Можно, конечно, сколько угодно шутковать по таким поводам, но Григорий за многие годы работы на земле видел загубленные овсюгом посевы, которые за счет его нездоровой, ядовитой зелени давали вид вполне сходный, и неопытный человек за вполне пристойные, многообещающие по урожаю мог признать эти поля, что и случалось иногда с уполномоченными, выращенными на асфальте областных учреждений.

Даже на бумаге не получалась у него идеальная посевная кампания, не вытанцовывались оптимальные сроки сева, о которых когда-то говорил с Терентием Семеновичем Мальцевым. Хорошее было нынешней зимой поступление новой техники, но все еще отстает наличие от потребности, все еще, как студенту перед экзаменом не хватает одной ночи для подготовки, так и крестьянину еще бы два десятка мощных гусеничных с полным комплектом прицепного инвентаря, вот тогда бы он себя проявил.

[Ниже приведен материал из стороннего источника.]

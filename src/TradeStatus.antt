-- ===== src/TradeStatus.antt =====
-- The latest status of each trade: src/trade_status_tracker.cpp and src/trade_status.hpp. Each method
-- holds the mutex, so that a method is one step. `D` stands for the fields that are only copied.
pub mod Invariant
pub mod Settled
pub mod Newest
mod Examples
use polymarket_cpp_client.Prelude.{
  ℕ, suc, ◌+◌, ◌-◌, ◌%◌, ◌^◌, ltb, leb, ◌==◌, Bool, true, false, not, ◌&&◌, ◌||◌, if◌then◌else◌,
  List, [], ◌∷◌, ◌++◌, map, Option, none, some, Bytes, codes, length, take, drop, equal_bytes,
  is_empty,
}
use polymarket_cpp_client.Prelude.Except.{Except, ok, throw, invalid_argument}

pub record Trade {ℓ} (D : Type ℓ) : Type ℓ where
  pub id : Bytes
  pub status : Bytes
  pub details : D

-- std::toupper in the "C" locale.
unfoldable pub to_upper : ℕ → ℕ
to_upper c = if leb b'a' c && leb c b'z' then c - 32 else c

unfoldable pub normalized_trade_status : Bytes → Bytes
normalized_trade_status status =
    let upper = map to_upper status in
    let prefix = codes "TRADE_STATUS_" in
    if equal_bytes (take (length prefix) upper) prefix then drop (length prefix) upper else upper

unfoldable pub is_settled_trade_status : Bytes → Bool
is_settled_trade_status status =
    let normalized = normalized_trade_status status in
    equal_bytes normalized (codes "CONFIRMED") || equal_bytes normalized (codes "FAILED")

unfoldable pub is_failed_trade_status : Bytes → Bool
is_failed_trade_status status = equal_bytes (normalized_trade_status status) (codes "FAILED")

-- The map is a list of trades, each under its `id`.
pub record Tracker {ℓ} (D : Type ℓ) : Type ℓ where
  pub capacity : ℕ
  pub trades : List (Trade D)
  pub arrival_order : List Bytes
  pub version : ℕ
  pub recoveries : ℕ

module _ {ℓ} {D : Type ℓ} where
  unfoldable pub create : ℕ → Except (Tracker D)
  create capacity =
      if capacity == 0
      then throw (invalid_argument "trade status tracker capacity must be positive")
      else ok (record {
        capacity = capacity;
        trades = [];
        arrival_order = [];
        version = 0;
        recoveries = 0;
      })

  unfoldable pub find : Bytes → List (Trade D) → Option (Trade D)
  find id [] = none
  find id (t ∷ ts) = if equal_bytes t.id id then some t else find id ts

  unfoldable pub erase : Bytes → List (Trade D) → List (Trade D)
  erase id [] = []
  erase id (t ∷ ts) = let rest = erase id ts in if equal_bytes t.id id then ts else t ∷ rest

  -- `existing->second = trade`, for the entry of its id.
  unfoldable pub replace : Trade D → List (Trade D) → List (Trade D)
  replace trade [] = []
  replace trade (t ∷ ts) =
      let rest = replace trade ts in if equal_bytes t.id trade.id then trade ∷ ts else t ∷ rest

  -- `if (trades_.size() > capacity_)`: the trade that arrived first goes.
  unfoldable pub evict : List Bytes → Tracker D → Tracker D
  evict [] tracker = tracker
  evict (oldest ∷ order) tracker =
      if ltb tracker.capacity (length tracker.trades)
      then record tracker { trades = erase oldest tracker.trades; arrival_order = order }
      else tracker

  unfoldable pub insert : Tracker D → Trade D → Tracker D
  insert tracker trade =
      let order = tracker.arrival_order ++ trade.id ∷ [] in
      evict order (record tracker { trades = tracker.trades ++ trade ∷ []; arrival_order = order })

  abbrev bump : Tracker D → Tracker D
  bump tracker = record tracker { version = (tracker.version + 1) % 2 ^ 64 }

  -- The branch on `existing`, of a trade whose id is not empty.
  unfoldable pub record_over : Option (Trade D) → Tracker D → Trade D → Tracker D
  record_over none tracker trade = bump (insert tracker trade)
  record_over (some existing) tracker trade =
      if is_settled_trade_status existing.status && not (is_settled_trade_status trade.status)
      then tracker
      else bump (record tracker { trades = replace trade tracker.trades })

  unfoldable pub record_trade : Tracker D → Trade D → Tracker D
  record_trade tracker trade =
      if is_empty trade.id
      then tracker
      else record_over (find trade.id tracker.trades) tracker trade

  unfoldable pub mark_recovered : Tracker D → Tracker D
  mark_recovered tracker = bump (record tracker { recoveries = (tracker.recoveries + 1) % 2 ^ 64 })

  unfoldable pub latest : Tracker D → Bytes → Option (Trade D)
  latest tracker trade_id = find trade_id tracker.trades

  -- A sequence of calls: an event, or a recovery.
  unfoldable pub run : Tracker D → List (Option (Trade D)) → Tracker D
  run tracker [] = tracker
  run tracker (some trade ∷ calls) = run (record_trade tracker trade) calls
  run tracker (none ∷ calls) = run (mark_recovered tracker) calls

Хмара собрал исписанные расчетами листы и сложил в папку, пусть полежат, наступит время, и можно будет сравнить свои несостоятельные теперь надежды с реальностью наступившего завтра, и тогда он улыбнется теплым своим воспоминаниям.




16

Первый секретарь обкома партии Щербина после поздравления Хмары с избранием звонил регулярно, раз в неделю, о чем его помощник предупреждал накануне. Разговоры были самые простые, безо всякой партийной подоплеки. Григорий сам проводил анализ статистической отчетности, присутствовал на квартальных балансовых комиссиях почти во всех хозяйствах, а районную вел вместе с начальником управления сельского хозяйства, потому обстановку знал хорошо. Ближе к весне Щербина стал обращаться к сводкам по семенам и ремонту техники, задавая не совсем приятные вопросы.

-  Объясни, Григорий Иванович, что ты намерен делать с теми десятью процентами тракторов, которые до сих пор в ремонте?

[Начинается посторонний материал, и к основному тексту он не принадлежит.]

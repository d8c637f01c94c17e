-- ===== src/Wire/Checked.antt =====
-- How a parser of ethox/src/wire ends: the `Result` of wire/error.rs, or a panic.
use ethox.Base.{Bool, Option, none, some, Outcome, returns, panics, ◌≡◌, refl, if◌then◌else◌}

-- `wire::Error`
pub data Error : Type 0 where
  truncated wrong_checksum unrecognized malformed unsupported : Error

pub data Result {ℓ} (A : Type ℓ) : Type ℓ where
  ok : A → Result A
  err : Error → Result A

abbrev pub accept {ℓ} : {A : Type ℓ} → A → Outcome (Result A)
accept a = returns (ok a)

abbrev pub refuse {ℓ} : {A : Type ℓ} → Error → Outcome (Result A)
refuse e = returns (err e)

-- `?`
infixl 5 ◌>>=◌ ◌>>◌
abbrev pub ◌>>=◌ {ℓ κ} :
    {A : Type ℓ} {B : Type κ} → Outcome (Result A) → (A → Outcome (Result B)) → Outcome (Result B)
returns (ok a) >>= f = f a
returns (err e) >>= f = returns (err e)
panics >>= f = panics

abbrev pub ◌>>◌ {ℓ κ} :
    {A : Type ℓ} {B : Type κ} → Outcome (Result A) → Outcome (Result B) → Outcome (Result B)
m >> k = m >>= λ _. k

-- A step that can panic, but does not fail.
abbrev pub run {ℓ} : {A : Type ℓ} → Outcome A → Outcome (Result A)
run (returns a) = returns (ok a)
run panics = panics

-- `ok_or`
abbrev pub ok_or {ℓ} : {A : Type ℓ} → Option A → Error → Outcome (Result A)
ok_or (some a) e = returns (ok a)
ok_or none e = returns (err e)

-- `if b { return Err(e) }`
abbrev pub fail_if : Bool → Error → Outcome (Result (Unit {0}))
fail_if b e = if b then refuse e else accept tt

-- A call that does not panic.
abbrev pub Answers {ℓ} : {A : Type ℓ} → Outcome A → Type ℓ
Answers {A} m = (r : A) × (m ≡ returns r)

-- A sequence of steps answers when each step does.
pub >>=-Answers {ℓ κ} :
    {A : Type ℓ} {B : Type κ} (m : Outcome (Result A)) (f : A → Outcome (Result B))
    → Answers m
    → ((a : A) → m ≡ accept a → Answers (f a))
    → Answers (m >>= f)
>>=-Answers (returns (ok a)) f h k = k a refl
>>=-Answers (returns (err e)) f h k = (err e, refl)
>>=-Answers panics f (r, e) k = cc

-  Все эти тракторы, Борис Евдокимович, находятся в ремонте по линии РТС, но нет и не ожидается в ближайшее время обменных узлов, в основном двигателей.

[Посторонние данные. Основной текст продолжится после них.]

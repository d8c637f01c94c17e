-- ===== src/Wire/Bytes.antt =====
-- Octets of a buffer, as the crate `byteorder` (`NetworkEndian`) and Rust's slices read and write them for
-- ethox/src/wire.
pub mod Writes
use ethox.Base.{
  ℕ, ◌+◌, ◌-◌, ◌*◌, ◌/◌, ◌%◌, ◌^◌, ◌<◌, ◌≤◌, ◌≡◌, Bool, ◌&&◌, Option, none, some, Outcome, returns,
  panics, unwrap, ◌>>=◌, List, [], ◌∷◌, ◌++◌, length, get_elem?, set, take, drop, ltb, leb,
  if◌then◌else◌, arith, refl, ensure, ◌>>◌,
}

-- `buffer[i]`
abbrev pub index : List ℕ → ℕ → Outcome ℕ
index b i = unwrap (get_elem? b i)

abbrev pub read_u16 : List ℕ → ℕ → Outcome ℕ
read_u16 b i = do high ← index b i; low ← index b (i + 1); returns (high * 256 + low)

abbrev pub read_u32 : List ℕ → ℕ → Outcome ℕ
read_u32 b i = do high ← read_u16 b i; low ← read_u16 b (i + 2); returns (high * 2 ^ 16 + low)

-- `buffer[i] = value`
abbrev pub write_u8 : List ℕ → ℕ → ℕ → Outcome (List ℕ)
write_u8 b i value = if ltb i (length b) then returns (set b i value) else panics

abbrev pub write_u16 : List ℕ → ℕ → ℕ → Outcome (List ℕ)
write_u16 b i value = do b' ← write_u8 b i (value / 256 % 256); write_u8 b' (i + 1) (value % 256)

abbrev pub write_u32 : List ℕ → ℕ → ℕ → Outcome (List ℕ)
write_u32 b i value = do b' ← write_u16 b i (value / 2 ^ 16); write_u16 b' (i + 2) (value % 2 ^ 16)

-- `buffer.get(from..to)`
abbrev pub get_range : List ℕ → ℕ → ℕ → Option (List ℕ)
get_range b from to =
    if leb from to && leb to (length b) then some (take (to - from) (drop from b)) else none

-- `&buffer[from..]`
abbrev pub slice_from : List ℕ → ℕ → Outcome (List ℕ)
slice_from b from = if leb from (length b) then returns (drop from b) else panics

-- `buffer.split_at(at)`
abbrev pub split_at : List ℕ → ℕ → Outcome (List ℕ × List ℕ)
split_at b at = if leb at (length b) then returns (take at b, drop at b) else panics

-- The octets of a value.
abbrev pub u16_bytes : ℕ → List ℕ
u16_bytes value = (value / 256 % 256) ∷ (value % 256) ∷ []

abbrev pub u32_bytes : ℕ → List ℕ
u32_bytes value = u16_bytes (value / 2 ^ 16) ++ u16_bytes (value % 2 ^ 16)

-  И ты их не планируешь использовать на посевной?

-  Есть два варианта плана сева, один с учетом всей техники, другой по реальной картине.

-  Любопытно. И что получается? Возможно, мы напрасно помогаем району фондами тракторов, если ты и без них справишься?

-  По второму варианту, крайне нежелательному, Борис Евдокимович, мы даже со пшеницей уходим в конец мая.

-  Тогда начни раньше, тебя же никто не держит.

Григорий опасался, что начнет перечить первому, это было крайне нежелательно в его положении, но он понимал и другое, что согласись сейчас - в мае, когда начнутся работы, Щербина может вернуться к разговору и сослаться на его молчаливое согласие с более ранними сроками сева.

- Нас сдерживает отсутствие сколько-нибудь внятного прогноза на июнь, если не будет дождей в первой половине, ранние посевы пропадут.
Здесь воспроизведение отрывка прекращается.